Okta’s stock went up $5.35, or 7.03%, in premarket trading Thursday to $81.50 per share, the highest it has traded since Aug. 31.

That was the day Okta revealed its $6.5 billion acquisition of Auth0 had caused confusion for the company’s combined sales force because they didn’t know which customer identity and access management tool to sell in which scenario, fueling staff turnover.

Okta’s net loss increased to $662.1 million, or $4.21 per share, in the first nine months of its fiscal 2023 year, 9% higher than the $607.2 million, or $4.17 per share, net loss recorded in the first nine months of fiscal 2022. During the same time period, Okta’s sales increased 46.9% to $1.35 billion, up from $917.2 million the previous year.

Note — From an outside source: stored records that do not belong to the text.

-- ===== src/Deconz/Slip/Reader/Unescaped.antt =====
-- The reader against a plain definition of what the bytes between two END bytes stand for.
use tophamm.Base.{
  ℕ, ◌≡◌, ◌≢◌, ◌⊎◌, sym, refl, ◌∙◌, ◌==◌, ==_iff, Bool-cases, inl, inr, true, false, List, [], ◌∷◌,
  ◌++◌, append_assoc, append-nil, map, Option, none, some, Bytes, All, arith,
}
use tophamm.Outcome.{Build, err}
use tophamm.Deconz.Types.{invalid_escape}
use tophamm.Deconz.Errors.{from_slip, Result}
use tophamm.Deconz.Slip.{end_byte, esc_byte, esc_end, esc_esc}
use tophamm.Deconz.Slip.Reader.{
  Answer, byte, returned, round, read_loop, read_frame, check_and_remove_crc,
}
use tophamm.Deconz.Slip.Reader.Rounds.{read_frame-read_loop, read_clear, read_start, read_end}

abbrev in_front : ℕ → Option Bytes → Option Bytes
in_front b none = none
in_front b (some bytes) = some (b ∷ bytes)

-- What ESC and the next byte stand for.
unfoldable pub pair : ℕ → Option ℕ
pair c = elim (c == esc_esc) [
  | true ↦ some esc_byte
  | false ↦ elim (c == esc_end) [ true ↦ some end_byte | false ↦ none ]
]

abbrev after_pair : Option ℕ → Option Bytes → Option Bytes
after_pair none rest = none
after_pair (some b) rest = in_front b rest

-- The data of bytes with no END among them, if every ESC is followed by a code.
unfoldable pub unescape : Bytes → Option Bytes
unfolding pair
unescape [] = some []
unescape (b ∷ []) = elim (b == esc_byte) [ true ↦ none | false ↦ some (b ∷ []) ]
unescape (b ∷ c ∷ rest) = elim (b == esc_byte) [
  | true ↦ after_pair (pair c) (unescape rest)
  | false ↦ in_front b (unescape (c ∷ rest))
]

unescape_plain :
    (b : ℕ) (rest : Bytes)
    → (b == esc_byte) ≡ false
    → unescape (b ∷ rest) ≡ in_front b (unescape rest)
unfolding unescape
unescape_plain b [] e = rw (e, unescape)
unescape_plain b (c ∷ rest) e = rw (e, unescape)

in_front-nonempty : (b : ℕ) (o : Option Bytes) → in_front b o ≢ some []
in_front-nonempty b none h = ground arith
in_front-nonempty b (some bytes) h = ground arith

after_pair-nonempty : (p : Option ℕ) (o : Option Bytes) → after_pair p o ≢ some []
after_pair-nonempty none o h = ground arith
after_pair-nonempty (some b) o h = in_front-nonempty b o h

unescape-nonempty : (b : ℕ) (rest : Bytes) → unescape (b ∷ rest) ≢ some []
unfolding unescape
unescape-nonempty b [] h = ground arith
unescape-nonempty b (c ∷ rest) h = elim (Bool-cases (b == esc_byte)) [
  | inl e ↦ after_pair-nonempty (pair c) (unescape rest) (sym (rw (e, unescape) refl) ∙ h)
  | inr e ↦ in_front-nonempty b (unescape (c ∷ rest)) (sym (unescape_plain b (c ∷ rest) e) ∙ h)
]

pair_end : pair end_byte ≡ none
unfolding pair
pair_end = refl

plain : (b : ℕ) → (b == esc_byte) ≡ false → b ≢ esc_byte
plain b e = ground arith

module _ (build : Build) where
  read_esc :
      (frame : Bytes) (rest : List Answer)
      → read_loop build frame false (byte esc_byte ∷ rest) ≡ read_loop build frame true rest
  unfolding read_loop round
  read_esc frame rest = refl

  read_pair :
      (frame : Bytes) (c b : ℕ) (rest : List Answer)
      → pair c ≡ some b
      → read_loop build frame true (byte c ∷ rest) ≡ read_loop build (frame ++ b ∷ []) false rest
  unfolding read_loop round pair
  read_pair frame c b rest h = ground arith

  read_no_pair :
      (frame : Bytes) (c : ℕ) (rest : List Answer)
      → pair c ≡ none
      → read_loop build frame true (byte c ∷ rest) ≡ returned (err (from_slip invalid_escape)) rest
  unfolding read_loop round pair
  read_no_pair frame c rest h = ground arith

  -- The loop over the bytes and END behaves as the plain definition says.
  abbrev Agrees : Bytes → Bytes → List Answer → Option Bytes → Type 0
  Agrees frame body rest none =
      (left : List Answer) × (read_loop build frame false (map byte body ++ byte end_byte ∷ rest)
        ≡ returned (err (from_slip invalid_escape)) left)
  Agrees frame body rest (some bytes) =
      read_loop build frame false (map byte body ++ byte end_byte ∷ rest)
      ≡ read_loop build (frame ++ bytes) false (byte end_byte ∷ rest)

  Agrees-in_front :
      (frame body tail : Bytes) (b : ℕ) (rest : List Answer) (o : Option Bytes)
      → read_loop build frame false (map byte body ++ byte end_byte ∷ rest)
        ≡ read_loop build (frame ++ b ∷ []) false (map byte tail ++ byte end_byte ∷ rest)
      → Agrees (frame ++ b ∷ []) tail rest o
      → Agrees frame body rest (in_front b o)
  Agrees-in_front frame body tail b rest none step (left, h) = (left, step ∙ h)
  Agrees-in_front frame body tail b rest (some bytes) step h = step ∙ h ∙ rw append_assoc

  Agrees-pair :
      (frame tail : Bytes) (c : ℕ) (rest : List Answer) (p : Option ℕ)
      → pair c ≡ p
      → ((f : Bytes) → Agrees f tail rest (unescape tail))
      → Agrees frame (esc_byte ∷ c ∷ tail) rest (after_pair p (unescape tail))
  Agrees-pair frame tail c rest none e h =
      (map byte tail ++ byte end_byte ∷ rest, read_esc frame _ ∙ read_no_pair frame c _ e)
  Agrees-pair frame tail c rest (some b) e h =
      Agrees-in_front frame (esc_byte ∷ c ∷ tail) tail b rest (unescape tail)
        (read_esc frame _ ∙ read_pair frame c b _ e) (h (frame ++ b ∷ []))

  Agrees-unescape :
      (frame body : Bytes) (rest : List Answer)
      → All (λ (b : ℕ). b ≢ end_byte) body
      → Agrees frame body rest (unescape body)
  unfolding unescape
  Agrees-unescape frame [] rest h = rw append-nil
  Agrees-unescape frame (b ∷ []) rest (h, u) = elim (Bool-cases (b == esc_byte)) [
    | inl e ↦
        rw ((==_iff b esc_byte).0 e)
          (rest, read_esc frame _ ∙ read_no_pair frame end_byte rest pair_end)
    | inr e ↦ rw (unescape_plain b [] e) (read_clear build frame b _ (h, plain b e))
  ]
  Agrees-unescape frame (b ∷ c ∷ tail) rest (h, (hc, hs)) = elim (Bool-cases (b == esc_byte)) [
    | inl e ↦
        rw ((==_iff b esc_byte).0 e)
          (Agrees-pair frame tail c rest (pair c) refl (λ f. Agrees-unescape f tail rest hs))
    | inr e ↦ rw (unescape_plain b (c ∷ tail) e) (
        Agrees-in_front frame (b ∷ c ∷ tail) (c ∷ tail) b rest (unescape (c ∷ tail))
          (read_clear build frame b _ (h, plain b e))
          (Agrees-unescape (frame ++ b ∷ []) (c ∷ tail) rest (hc, hs)))
  ]

  -- What is concluded from the plain definition's answer.
  unfoldable pub concluded : Option Bytes → Result Bytes
  concluded none = err (from_slip invalid_escape)
  concluded (some bytes) = check_and_remove_crc build bytes

  read_frame-concluded :
      (b : ℕ) (body : Bytes) (rest : List Answer) (o : Option Bytes)
      → unescape (b ∷ body) ≡ o
      → Agrees [] (b ∷ body) rest o
      → (left : List Answer) × (read_frame build
            (byte end_byte ∷ map byte (b ∷ body) ++ byte end_byte ∷ rest)
          ≡ returned (concluded o) left)
        × ((left ≡ rest) ⊎ (o ≡ none))
  unfolding concluded
  read_frame-concluded b body rest none e (left, h) =
      (left, read_frame-read_loop build _ ∙ read_start build _ ∙ h, inr refl)
  read_frame-concluded b body rest (some []) e h = absurd (unescape-nonempty b body e)
  read_frame-concluded b body rest (some (x ∷ xs)) e h = (
    rest,
    read_frame-read_loop build _ ∙ read_start build _ ∙ h ∙ read_end build x xs rest,
    inl refl,
  )

  -- For one or more bytes with no END among them, between two END bytes, `read_frame` returns what
  -- a plain recursive decoder says: if some ESC is not followed by one of the two codes, the error
  -- of an invalid escape; otherwise what the CRC check makes of the decoded bytes, with exactly the
  -- bytes behind the second END left on the line.
  pub read_frame-unescape :
      (b : ℕ) (body : Bytes) (rest : List Answer)
      → All (λ (c : ℕ). c ≢ end_byte) (b ∷ body)
      → (left : List Answer) × (read_frame build
            (byte end_byte ∷ map byte (b ∷ body) ++ byte end_byte ∷ rest)
          ≡ returned (concluded (unescape (b ∷ body))) left)
        × ((left ≡ rest) ⊎ (unescape (b ∷ body) ≡ none))
  read_frame-unescape b body rest h =
      read_frame-concluded b body rest (unescape (b ∷ body)) refl
        (Agrees-unescape [] (b ∷ body) rest h)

Only OneTrust and Sophos have cut more workers than Okta among the more than 40 pure-play cybersecurity vendors that have disclosed layoffs since the start of the economic downturn in May 2022, according to Layoffs. FYI. Atlanta-based privacy firm OneTrust laid off 25% of its workforce, or 950 employees, in June, while Oxford, U.K.-based platform security vendor Sophos laid off 10% of its workforce, or 450 employees, in January.

Okta employees in the United States will receive at least 13 weeks of additional pay, healthcare benefits until June 30, and the ability to vest stock until March 15. They will also be eligible for an annual bonus or sales incentive in the fiscal year that ends on January 31, 2023.

A number of high-profile Okta executives have left the company. According to The Information, Okta’s Chief Revenue Officer Steve Rowland and President of Worldwide Field Operations Susan St. Ledger left the company in January after less than two years. Diya Jolly left the company in October after four years as chief product officer, and Chief Operating Officer Frederic Kerrest is taking a year off.

Since the beginning of 2022, the company has been dealing with its own cybersecurity issues, as two Okta customers’ tenants were accessed and applications such as Slack and Jira were viewed by Lapsus$ during a January 2022 cyberattack. Okta’s private GitHub repositories were then accessed in December, resulting in the theft of source code from its Workforce Identity Cloud code repository.